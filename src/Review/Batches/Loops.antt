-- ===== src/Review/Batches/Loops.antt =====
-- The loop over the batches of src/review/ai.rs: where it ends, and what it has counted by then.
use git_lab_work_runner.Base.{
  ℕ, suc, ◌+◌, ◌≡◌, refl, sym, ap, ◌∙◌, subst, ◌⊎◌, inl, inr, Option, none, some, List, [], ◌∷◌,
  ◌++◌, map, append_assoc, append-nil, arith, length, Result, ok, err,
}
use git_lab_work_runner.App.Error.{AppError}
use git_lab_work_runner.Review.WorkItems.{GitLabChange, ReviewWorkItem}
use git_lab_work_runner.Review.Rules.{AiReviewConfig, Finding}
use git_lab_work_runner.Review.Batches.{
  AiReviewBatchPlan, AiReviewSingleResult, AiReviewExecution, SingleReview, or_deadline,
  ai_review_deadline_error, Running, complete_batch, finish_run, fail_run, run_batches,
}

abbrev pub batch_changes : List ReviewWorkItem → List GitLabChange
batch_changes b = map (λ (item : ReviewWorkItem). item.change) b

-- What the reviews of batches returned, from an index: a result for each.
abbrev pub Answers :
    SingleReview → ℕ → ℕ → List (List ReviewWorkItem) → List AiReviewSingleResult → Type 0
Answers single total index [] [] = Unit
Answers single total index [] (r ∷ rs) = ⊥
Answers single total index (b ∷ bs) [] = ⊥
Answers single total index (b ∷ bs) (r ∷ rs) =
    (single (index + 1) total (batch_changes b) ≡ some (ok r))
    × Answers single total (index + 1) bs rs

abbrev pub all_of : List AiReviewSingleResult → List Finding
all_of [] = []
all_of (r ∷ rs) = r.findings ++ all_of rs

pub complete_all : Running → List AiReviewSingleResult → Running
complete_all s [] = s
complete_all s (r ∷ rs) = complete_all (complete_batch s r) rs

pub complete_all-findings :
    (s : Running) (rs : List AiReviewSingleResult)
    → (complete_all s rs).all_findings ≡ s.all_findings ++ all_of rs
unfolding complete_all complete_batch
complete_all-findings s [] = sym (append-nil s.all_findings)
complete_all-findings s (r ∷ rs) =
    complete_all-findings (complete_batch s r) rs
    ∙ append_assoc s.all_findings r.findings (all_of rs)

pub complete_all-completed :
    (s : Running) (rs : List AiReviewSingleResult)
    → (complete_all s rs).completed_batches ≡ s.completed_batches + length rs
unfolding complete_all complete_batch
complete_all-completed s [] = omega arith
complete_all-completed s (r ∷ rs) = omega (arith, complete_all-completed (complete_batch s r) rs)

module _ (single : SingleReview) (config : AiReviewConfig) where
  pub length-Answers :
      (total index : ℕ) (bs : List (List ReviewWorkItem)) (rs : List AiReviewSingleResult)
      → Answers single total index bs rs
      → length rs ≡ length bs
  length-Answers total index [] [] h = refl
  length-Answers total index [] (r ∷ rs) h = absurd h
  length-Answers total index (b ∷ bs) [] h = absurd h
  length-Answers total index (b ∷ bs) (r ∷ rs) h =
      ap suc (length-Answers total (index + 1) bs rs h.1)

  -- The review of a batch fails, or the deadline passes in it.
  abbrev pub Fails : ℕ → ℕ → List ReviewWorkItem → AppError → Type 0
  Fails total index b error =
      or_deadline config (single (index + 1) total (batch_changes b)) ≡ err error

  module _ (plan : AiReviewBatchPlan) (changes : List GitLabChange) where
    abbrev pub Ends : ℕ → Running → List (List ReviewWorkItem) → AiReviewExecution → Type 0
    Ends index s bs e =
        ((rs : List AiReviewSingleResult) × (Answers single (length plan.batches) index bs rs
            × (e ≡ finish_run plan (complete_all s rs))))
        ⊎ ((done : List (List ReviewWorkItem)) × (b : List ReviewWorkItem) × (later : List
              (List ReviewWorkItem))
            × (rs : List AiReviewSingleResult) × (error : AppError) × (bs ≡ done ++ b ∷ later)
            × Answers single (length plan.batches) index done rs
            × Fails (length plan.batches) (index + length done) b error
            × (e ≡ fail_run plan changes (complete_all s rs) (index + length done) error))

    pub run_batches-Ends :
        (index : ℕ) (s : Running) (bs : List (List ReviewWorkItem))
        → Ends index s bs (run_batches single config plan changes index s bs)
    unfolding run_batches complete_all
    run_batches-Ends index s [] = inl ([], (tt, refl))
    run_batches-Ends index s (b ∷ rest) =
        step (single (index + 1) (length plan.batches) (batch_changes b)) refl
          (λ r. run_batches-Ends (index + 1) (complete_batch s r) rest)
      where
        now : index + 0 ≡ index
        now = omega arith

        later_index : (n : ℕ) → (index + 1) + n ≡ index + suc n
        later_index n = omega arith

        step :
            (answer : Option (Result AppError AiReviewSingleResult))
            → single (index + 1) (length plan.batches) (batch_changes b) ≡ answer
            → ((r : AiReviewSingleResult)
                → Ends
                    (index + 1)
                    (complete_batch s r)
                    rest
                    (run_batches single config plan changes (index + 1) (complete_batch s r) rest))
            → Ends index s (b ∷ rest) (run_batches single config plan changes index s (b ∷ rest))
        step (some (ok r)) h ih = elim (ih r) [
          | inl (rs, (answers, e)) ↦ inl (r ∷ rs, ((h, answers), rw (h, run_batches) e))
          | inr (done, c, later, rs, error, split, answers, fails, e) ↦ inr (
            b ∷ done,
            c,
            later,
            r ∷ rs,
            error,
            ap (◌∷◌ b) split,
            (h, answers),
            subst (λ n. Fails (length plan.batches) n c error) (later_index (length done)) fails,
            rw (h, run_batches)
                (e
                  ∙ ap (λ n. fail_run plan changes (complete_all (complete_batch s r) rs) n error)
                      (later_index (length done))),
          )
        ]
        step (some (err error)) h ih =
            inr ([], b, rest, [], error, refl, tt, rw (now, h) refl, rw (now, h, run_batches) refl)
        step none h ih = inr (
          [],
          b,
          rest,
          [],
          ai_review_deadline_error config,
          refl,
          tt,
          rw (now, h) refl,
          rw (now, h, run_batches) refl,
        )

-- -- --

Every line of the listing above that contains "AiReviewBatchPlan" is to be copied.

OUTPUT OF THE EXERCISE
  AiReviewBatchPlan, AiReviewSingleResult, AiReviewExecution, SingleReview, or_deadline,
  module _ (plan : AiReviewBatchPlan) (changes : List GitLabChange) where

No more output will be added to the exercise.